* [What this task involves]: The records should be restated exactly from their first line through the line with "reads a number." in it.

(Collected data entries)
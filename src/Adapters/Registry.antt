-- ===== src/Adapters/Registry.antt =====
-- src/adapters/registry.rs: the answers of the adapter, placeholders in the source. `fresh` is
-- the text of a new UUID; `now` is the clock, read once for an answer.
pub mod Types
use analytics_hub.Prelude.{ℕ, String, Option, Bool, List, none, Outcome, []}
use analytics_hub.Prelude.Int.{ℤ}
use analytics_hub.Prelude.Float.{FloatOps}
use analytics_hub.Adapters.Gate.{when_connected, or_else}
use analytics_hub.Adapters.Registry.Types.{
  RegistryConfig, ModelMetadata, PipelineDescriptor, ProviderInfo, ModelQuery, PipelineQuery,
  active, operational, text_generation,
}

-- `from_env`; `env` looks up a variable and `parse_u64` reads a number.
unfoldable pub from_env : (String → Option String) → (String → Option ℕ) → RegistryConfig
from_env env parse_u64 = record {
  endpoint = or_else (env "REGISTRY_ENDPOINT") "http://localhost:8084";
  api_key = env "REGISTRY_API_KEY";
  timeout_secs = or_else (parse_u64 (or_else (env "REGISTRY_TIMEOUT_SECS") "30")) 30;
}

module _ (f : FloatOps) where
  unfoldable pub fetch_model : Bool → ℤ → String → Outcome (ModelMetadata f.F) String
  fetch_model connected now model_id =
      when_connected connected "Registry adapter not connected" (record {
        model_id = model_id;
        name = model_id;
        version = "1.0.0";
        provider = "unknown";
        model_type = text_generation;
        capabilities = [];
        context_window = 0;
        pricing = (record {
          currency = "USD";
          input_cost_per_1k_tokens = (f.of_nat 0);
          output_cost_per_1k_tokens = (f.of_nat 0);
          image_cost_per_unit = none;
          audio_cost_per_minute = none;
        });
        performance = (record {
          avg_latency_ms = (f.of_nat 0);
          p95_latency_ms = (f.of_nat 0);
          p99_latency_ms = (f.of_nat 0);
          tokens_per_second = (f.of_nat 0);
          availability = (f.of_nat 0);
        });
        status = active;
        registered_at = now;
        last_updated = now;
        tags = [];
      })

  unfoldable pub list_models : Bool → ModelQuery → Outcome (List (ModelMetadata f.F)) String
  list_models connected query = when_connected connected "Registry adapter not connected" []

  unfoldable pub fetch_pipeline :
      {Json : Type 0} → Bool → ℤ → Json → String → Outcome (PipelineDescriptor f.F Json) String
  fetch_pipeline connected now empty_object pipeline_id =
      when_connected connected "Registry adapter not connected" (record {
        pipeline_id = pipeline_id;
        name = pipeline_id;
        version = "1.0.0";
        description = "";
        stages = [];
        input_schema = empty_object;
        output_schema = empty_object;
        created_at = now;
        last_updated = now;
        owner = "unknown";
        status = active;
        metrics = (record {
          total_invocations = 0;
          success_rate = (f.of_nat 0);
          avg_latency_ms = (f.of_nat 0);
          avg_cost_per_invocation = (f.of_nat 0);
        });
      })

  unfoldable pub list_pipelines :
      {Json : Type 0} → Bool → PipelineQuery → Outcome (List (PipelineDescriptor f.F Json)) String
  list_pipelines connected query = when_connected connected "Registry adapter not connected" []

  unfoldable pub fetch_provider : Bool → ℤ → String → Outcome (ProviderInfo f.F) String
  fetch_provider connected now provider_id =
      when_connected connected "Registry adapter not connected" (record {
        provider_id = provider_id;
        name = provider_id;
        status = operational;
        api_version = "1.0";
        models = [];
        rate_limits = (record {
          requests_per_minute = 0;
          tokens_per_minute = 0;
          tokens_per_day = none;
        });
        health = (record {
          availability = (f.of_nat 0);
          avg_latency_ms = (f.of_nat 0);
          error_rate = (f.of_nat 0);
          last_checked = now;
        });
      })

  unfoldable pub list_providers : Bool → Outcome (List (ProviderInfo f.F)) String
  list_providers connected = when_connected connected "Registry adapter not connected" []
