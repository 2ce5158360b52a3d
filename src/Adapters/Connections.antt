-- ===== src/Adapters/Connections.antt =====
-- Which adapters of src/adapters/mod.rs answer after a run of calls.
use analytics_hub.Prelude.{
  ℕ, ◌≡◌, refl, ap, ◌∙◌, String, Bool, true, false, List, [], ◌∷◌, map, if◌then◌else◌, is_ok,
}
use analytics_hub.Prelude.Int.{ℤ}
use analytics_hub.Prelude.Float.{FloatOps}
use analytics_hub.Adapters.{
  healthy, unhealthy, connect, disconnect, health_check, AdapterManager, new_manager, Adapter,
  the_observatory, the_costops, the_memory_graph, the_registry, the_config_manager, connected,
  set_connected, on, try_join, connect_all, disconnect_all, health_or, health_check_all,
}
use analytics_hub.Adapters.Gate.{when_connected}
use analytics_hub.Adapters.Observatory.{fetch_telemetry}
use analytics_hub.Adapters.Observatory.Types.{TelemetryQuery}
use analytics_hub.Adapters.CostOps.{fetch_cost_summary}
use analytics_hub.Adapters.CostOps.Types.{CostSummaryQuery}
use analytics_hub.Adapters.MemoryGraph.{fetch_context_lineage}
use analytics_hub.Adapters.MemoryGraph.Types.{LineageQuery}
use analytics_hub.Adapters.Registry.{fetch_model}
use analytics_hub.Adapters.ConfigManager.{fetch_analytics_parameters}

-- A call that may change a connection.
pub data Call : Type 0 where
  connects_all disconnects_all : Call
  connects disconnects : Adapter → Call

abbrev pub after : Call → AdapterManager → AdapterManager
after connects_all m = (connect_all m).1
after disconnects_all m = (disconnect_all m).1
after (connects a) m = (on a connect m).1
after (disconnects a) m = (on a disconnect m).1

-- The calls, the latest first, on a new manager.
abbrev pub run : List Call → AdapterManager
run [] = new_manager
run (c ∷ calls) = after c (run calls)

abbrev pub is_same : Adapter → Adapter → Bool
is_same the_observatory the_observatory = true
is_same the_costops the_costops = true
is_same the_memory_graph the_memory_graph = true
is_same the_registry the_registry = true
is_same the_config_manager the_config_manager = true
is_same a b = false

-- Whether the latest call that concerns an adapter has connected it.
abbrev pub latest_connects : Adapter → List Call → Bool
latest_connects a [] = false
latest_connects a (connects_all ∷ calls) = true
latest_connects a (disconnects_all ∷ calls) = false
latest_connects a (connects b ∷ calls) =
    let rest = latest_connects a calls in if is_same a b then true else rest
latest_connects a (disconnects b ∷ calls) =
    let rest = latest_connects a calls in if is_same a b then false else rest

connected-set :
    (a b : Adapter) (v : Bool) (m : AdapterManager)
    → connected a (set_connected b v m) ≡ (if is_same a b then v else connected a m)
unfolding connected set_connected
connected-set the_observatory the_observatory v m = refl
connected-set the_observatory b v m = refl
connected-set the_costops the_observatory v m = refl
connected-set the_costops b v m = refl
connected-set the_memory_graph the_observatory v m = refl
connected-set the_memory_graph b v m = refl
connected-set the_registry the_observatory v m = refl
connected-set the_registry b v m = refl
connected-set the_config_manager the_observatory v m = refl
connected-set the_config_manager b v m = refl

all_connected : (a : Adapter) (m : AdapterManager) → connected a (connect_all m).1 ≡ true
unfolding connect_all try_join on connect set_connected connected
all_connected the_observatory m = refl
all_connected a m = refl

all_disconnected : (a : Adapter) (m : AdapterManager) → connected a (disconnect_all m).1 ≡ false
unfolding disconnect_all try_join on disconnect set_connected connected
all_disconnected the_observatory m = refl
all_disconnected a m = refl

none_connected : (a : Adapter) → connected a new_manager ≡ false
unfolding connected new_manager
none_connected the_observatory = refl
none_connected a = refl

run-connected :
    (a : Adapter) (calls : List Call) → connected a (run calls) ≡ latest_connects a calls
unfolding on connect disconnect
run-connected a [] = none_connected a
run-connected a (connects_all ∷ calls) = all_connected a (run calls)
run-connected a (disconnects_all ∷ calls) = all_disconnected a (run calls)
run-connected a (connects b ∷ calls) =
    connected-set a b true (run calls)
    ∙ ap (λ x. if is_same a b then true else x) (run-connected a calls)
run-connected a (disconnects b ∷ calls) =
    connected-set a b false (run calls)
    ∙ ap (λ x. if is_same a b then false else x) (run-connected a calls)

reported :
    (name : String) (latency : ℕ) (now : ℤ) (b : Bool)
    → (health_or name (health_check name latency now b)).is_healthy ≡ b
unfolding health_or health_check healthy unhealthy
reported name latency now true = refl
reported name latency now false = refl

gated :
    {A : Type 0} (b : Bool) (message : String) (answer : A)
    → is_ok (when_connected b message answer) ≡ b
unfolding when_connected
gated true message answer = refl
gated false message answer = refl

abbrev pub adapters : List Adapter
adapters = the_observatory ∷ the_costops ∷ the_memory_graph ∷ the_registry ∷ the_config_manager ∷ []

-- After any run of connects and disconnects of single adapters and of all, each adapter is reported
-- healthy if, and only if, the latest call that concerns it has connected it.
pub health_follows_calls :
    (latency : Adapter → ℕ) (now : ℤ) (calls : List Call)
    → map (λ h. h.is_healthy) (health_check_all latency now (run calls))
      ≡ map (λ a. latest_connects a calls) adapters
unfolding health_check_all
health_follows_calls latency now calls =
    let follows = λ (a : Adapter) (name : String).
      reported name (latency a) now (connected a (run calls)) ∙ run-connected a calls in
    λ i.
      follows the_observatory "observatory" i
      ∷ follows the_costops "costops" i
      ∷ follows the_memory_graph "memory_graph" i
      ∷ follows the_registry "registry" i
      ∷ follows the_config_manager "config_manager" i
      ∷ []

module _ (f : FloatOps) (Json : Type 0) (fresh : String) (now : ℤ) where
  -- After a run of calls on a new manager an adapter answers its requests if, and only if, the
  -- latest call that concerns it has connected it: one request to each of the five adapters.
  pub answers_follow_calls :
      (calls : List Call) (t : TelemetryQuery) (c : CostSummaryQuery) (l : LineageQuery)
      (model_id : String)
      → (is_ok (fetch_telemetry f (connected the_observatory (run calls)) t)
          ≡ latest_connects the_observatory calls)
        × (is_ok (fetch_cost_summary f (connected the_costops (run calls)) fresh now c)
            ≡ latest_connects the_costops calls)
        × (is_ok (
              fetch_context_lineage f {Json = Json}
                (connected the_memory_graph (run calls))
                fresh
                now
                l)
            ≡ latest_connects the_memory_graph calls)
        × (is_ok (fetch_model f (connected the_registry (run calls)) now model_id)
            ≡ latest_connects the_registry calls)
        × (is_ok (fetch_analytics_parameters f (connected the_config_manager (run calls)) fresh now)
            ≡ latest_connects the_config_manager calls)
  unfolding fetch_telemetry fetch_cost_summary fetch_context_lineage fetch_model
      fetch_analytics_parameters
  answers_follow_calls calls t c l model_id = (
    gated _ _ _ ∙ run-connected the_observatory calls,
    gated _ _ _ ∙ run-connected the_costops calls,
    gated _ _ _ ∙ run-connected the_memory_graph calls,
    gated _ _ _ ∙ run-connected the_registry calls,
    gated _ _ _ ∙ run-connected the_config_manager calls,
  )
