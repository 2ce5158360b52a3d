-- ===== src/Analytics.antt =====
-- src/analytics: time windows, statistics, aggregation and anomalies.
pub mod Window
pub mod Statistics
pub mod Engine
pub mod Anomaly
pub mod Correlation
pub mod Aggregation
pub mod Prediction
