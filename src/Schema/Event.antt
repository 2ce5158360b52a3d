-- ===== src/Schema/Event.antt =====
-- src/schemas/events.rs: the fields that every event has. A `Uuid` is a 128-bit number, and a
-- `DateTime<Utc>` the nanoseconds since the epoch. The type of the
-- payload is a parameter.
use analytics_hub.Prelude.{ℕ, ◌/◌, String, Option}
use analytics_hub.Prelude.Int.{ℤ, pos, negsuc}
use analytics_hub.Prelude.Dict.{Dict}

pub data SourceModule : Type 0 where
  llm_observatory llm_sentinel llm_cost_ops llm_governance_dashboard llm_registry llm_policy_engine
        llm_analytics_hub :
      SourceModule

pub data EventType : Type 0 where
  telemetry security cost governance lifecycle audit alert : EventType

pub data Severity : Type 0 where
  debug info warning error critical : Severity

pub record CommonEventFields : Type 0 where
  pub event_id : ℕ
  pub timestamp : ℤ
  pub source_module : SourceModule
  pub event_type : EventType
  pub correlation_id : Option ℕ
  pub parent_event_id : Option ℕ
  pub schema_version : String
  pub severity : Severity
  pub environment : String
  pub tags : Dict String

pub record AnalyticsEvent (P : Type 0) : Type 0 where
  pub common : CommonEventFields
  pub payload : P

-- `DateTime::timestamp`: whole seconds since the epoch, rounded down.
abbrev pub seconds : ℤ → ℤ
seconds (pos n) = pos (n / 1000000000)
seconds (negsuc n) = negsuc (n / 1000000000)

* [Exercise solution]:
filename src/Adapters/Registry.antt
-- ===== src/Adapters/Registry.antt =====
-- src/adapters/registry.rs: the answers of the adapter, placeholders in the source. `fresh` is
-- the text of a new UUID; `now` is the clock, read once for an answer.
pub mod Types
use analytics_hub.Prelude.{ℕ, String, Option, Bool, List, none, Outcome, []}
use analytics_hub.Prelude.Int.{ℤ}
use analytics_hub.Prelude.Float.{FloatOps}
use analytics_hub.Adapters.Gate.{when_connected, or_else}
use analytics_hub.Adapters.Registry.Types.{
  RegistryConfig, ModelMetadata, PipelineDescriptor, ProviderInfo, ModelQuery, PipelineQuery,
  active, operational, text_generation,
}

-- `from_env`; `env` looks up a variable and `parse_u64` reads a number.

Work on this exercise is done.